> _DATASET CONTENT_:
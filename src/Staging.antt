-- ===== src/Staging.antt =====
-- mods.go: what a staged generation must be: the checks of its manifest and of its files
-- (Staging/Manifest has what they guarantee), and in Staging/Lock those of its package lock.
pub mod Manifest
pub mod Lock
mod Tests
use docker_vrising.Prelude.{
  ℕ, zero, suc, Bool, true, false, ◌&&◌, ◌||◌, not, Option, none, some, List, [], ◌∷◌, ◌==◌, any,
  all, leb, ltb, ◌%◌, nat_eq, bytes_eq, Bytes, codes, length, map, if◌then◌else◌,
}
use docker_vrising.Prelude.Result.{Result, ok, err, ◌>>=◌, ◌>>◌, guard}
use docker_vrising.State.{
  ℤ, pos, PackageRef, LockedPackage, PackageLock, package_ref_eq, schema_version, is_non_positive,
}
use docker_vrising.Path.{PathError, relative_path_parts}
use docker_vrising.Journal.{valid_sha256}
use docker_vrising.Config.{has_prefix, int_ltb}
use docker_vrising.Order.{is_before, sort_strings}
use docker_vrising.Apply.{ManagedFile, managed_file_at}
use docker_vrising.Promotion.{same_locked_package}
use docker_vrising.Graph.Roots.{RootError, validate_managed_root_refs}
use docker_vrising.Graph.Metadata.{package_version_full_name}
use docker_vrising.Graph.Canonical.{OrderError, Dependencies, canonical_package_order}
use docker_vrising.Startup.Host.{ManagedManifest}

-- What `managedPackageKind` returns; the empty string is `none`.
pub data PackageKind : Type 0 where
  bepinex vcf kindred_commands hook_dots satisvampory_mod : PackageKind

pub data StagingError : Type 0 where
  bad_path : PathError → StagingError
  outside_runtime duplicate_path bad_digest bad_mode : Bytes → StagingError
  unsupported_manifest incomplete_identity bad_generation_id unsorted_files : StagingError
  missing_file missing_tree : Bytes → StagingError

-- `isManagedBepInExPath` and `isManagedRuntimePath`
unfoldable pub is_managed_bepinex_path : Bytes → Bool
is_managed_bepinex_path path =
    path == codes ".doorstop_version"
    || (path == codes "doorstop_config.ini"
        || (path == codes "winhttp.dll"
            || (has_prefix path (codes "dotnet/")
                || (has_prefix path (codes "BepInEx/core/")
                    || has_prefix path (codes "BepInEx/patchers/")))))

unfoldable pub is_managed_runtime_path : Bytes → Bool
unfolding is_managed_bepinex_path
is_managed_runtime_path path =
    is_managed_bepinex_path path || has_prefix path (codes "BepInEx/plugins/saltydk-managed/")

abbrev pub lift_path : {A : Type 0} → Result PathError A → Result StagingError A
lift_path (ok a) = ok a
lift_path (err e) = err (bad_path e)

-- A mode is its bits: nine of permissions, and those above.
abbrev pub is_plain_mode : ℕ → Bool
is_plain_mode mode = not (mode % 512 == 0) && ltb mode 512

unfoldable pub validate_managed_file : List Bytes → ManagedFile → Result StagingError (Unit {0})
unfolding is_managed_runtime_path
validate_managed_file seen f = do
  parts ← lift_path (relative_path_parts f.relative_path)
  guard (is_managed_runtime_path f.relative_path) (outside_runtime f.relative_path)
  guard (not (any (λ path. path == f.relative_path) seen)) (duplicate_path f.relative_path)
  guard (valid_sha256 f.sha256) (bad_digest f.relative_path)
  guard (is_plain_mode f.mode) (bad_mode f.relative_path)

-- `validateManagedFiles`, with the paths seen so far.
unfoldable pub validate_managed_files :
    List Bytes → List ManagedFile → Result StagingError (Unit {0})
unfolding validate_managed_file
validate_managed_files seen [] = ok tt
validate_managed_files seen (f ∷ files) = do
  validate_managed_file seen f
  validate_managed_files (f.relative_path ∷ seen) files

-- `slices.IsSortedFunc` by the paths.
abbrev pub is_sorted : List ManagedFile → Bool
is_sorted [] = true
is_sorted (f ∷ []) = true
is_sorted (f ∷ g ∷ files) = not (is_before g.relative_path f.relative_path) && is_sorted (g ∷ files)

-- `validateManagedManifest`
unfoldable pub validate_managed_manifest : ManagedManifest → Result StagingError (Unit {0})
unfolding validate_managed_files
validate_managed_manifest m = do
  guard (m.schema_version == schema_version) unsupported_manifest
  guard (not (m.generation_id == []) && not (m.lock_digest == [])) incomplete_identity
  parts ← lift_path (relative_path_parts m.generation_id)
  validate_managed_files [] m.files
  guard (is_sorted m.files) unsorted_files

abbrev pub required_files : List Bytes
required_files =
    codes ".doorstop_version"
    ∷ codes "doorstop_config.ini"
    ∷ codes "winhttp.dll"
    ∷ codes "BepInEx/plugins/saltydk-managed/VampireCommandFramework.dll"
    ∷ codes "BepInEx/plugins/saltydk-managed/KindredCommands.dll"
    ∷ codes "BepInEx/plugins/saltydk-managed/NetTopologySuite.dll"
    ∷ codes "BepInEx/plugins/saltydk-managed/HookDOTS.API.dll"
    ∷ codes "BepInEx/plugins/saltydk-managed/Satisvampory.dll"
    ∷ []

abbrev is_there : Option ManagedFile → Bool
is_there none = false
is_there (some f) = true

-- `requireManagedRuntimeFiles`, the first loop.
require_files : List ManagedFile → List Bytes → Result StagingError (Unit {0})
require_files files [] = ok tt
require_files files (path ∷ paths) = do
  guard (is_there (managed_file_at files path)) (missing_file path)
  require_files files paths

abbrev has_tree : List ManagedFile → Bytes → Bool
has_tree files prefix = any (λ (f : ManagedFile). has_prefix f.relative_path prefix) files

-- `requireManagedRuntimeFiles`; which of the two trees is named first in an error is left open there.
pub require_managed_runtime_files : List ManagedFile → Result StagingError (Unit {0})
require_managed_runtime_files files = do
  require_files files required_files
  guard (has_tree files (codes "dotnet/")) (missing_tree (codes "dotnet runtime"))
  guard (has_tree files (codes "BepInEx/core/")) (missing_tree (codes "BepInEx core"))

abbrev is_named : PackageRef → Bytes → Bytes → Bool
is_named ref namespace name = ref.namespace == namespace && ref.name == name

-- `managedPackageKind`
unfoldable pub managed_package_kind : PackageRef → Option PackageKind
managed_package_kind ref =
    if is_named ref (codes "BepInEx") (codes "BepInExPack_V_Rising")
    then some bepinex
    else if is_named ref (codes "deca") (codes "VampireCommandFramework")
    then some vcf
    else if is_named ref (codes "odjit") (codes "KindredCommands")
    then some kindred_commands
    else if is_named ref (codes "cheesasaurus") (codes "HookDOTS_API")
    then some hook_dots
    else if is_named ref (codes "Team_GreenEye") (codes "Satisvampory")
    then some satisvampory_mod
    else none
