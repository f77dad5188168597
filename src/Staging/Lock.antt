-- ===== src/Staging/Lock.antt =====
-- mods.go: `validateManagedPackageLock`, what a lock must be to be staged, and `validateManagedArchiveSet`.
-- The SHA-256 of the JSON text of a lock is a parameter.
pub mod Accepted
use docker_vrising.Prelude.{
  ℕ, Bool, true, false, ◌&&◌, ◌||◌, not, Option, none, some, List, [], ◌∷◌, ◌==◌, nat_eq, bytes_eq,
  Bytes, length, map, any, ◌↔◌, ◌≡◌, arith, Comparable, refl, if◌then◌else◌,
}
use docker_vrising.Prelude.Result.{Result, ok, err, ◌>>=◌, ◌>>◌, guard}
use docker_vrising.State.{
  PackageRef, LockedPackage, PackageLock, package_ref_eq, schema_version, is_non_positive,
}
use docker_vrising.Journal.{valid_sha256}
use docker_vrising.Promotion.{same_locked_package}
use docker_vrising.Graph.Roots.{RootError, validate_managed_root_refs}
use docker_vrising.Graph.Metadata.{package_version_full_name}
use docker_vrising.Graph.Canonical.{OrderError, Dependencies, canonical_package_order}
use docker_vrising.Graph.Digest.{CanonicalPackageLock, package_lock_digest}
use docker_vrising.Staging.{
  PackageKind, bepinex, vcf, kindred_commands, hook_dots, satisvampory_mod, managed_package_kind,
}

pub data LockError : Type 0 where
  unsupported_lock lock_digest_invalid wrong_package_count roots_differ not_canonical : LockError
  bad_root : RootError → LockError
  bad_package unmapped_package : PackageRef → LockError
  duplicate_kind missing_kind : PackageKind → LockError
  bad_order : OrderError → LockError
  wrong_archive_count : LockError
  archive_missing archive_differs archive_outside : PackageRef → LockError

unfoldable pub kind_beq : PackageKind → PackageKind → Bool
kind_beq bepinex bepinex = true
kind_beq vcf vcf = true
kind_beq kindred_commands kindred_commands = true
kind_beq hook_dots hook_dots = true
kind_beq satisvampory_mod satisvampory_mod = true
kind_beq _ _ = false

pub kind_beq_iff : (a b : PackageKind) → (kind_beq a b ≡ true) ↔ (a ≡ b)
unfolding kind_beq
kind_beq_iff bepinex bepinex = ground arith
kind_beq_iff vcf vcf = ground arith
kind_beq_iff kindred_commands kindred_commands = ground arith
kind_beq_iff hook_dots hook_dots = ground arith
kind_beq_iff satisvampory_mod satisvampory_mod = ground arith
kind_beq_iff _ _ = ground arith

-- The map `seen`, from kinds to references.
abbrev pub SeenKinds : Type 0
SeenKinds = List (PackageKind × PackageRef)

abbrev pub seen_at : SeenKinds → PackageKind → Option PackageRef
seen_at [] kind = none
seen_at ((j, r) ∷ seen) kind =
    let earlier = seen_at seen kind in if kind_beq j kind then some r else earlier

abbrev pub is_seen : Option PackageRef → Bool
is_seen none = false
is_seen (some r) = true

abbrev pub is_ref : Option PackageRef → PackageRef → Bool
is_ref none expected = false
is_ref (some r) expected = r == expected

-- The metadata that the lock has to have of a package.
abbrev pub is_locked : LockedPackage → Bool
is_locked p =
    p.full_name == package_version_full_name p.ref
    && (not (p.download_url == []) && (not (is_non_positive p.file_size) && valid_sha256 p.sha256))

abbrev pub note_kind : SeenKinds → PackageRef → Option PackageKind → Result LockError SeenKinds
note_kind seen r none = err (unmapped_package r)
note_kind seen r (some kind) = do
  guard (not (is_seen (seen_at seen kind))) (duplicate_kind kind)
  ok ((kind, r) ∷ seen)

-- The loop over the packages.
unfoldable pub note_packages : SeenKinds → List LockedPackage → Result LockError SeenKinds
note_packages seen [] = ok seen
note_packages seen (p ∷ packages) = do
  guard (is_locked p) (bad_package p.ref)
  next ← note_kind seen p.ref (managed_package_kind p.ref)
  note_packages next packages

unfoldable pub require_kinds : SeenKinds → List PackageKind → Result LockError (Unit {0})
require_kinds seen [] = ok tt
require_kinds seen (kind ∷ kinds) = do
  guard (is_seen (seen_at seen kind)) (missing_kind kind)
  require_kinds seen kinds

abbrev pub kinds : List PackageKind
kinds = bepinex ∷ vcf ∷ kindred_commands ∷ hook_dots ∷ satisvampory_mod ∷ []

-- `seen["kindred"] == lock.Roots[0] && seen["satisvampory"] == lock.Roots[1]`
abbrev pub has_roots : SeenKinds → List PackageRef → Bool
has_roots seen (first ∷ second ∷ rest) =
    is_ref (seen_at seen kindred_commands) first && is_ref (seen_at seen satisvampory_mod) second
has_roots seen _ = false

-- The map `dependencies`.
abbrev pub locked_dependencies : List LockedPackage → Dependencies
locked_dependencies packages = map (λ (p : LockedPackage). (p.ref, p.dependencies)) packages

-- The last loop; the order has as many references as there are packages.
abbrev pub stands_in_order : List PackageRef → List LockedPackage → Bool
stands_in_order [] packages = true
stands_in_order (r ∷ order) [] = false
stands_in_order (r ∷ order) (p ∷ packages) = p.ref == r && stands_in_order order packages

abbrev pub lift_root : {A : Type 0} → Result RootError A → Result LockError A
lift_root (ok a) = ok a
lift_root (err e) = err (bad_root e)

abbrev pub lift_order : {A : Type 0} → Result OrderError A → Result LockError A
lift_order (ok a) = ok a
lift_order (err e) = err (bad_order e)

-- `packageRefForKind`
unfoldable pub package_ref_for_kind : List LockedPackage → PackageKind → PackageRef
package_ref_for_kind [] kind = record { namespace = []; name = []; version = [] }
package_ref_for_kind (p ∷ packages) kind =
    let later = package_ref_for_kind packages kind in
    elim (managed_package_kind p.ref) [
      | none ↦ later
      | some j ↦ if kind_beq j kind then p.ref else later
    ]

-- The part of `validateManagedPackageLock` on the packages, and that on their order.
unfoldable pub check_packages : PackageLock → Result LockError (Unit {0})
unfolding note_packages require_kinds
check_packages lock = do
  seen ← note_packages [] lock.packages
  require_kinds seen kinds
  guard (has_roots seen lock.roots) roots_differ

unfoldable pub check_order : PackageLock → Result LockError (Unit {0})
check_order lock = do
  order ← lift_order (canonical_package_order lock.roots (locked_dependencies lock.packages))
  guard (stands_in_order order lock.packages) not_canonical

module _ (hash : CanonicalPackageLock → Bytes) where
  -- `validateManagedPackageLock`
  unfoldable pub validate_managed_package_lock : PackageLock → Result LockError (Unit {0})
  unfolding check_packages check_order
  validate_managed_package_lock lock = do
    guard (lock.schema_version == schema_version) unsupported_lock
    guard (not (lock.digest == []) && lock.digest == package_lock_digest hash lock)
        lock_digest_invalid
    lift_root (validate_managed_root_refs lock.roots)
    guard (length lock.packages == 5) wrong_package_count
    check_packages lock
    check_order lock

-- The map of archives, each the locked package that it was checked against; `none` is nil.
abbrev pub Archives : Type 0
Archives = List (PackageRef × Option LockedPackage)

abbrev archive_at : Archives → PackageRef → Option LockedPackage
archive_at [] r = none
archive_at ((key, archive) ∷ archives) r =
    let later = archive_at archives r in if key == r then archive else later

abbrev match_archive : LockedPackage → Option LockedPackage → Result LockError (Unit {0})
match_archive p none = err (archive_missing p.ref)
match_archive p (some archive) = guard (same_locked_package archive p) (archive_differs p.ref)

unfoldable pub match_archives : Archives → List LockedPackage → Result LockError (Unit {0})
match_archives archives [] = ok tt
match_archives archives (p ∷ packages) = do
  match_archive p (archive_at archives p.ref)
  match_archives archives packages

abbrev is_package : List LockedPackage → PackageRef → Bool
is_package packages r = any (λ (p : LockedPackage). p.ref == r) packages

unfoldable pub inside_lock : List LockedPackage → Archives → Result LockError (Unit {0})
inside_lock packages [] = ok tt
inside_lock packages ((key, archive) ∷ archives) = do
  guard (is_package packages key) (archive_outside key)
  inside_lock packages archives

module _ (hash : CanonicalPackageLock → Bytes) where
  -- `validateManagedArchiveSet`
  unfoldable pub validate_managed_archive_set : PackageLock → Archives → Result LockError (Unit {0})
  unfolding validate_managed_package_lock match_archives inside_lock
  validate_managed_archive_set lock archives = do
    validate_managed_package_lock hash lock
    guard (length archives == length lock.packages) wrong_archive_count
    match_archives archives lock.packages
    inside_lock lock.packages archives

> _INSTRUCTIONS TO FOLLOW_: Everything from the line containing "guard (length archives" through the last line of the records must be given again exactly; leave out all other lines.

> _PROBLEM SOLUTION_:
    guard (length archives == length lock.packages) wrong_archive_count
    match_archives archives lock.packages
    inside_lock lock.packages archives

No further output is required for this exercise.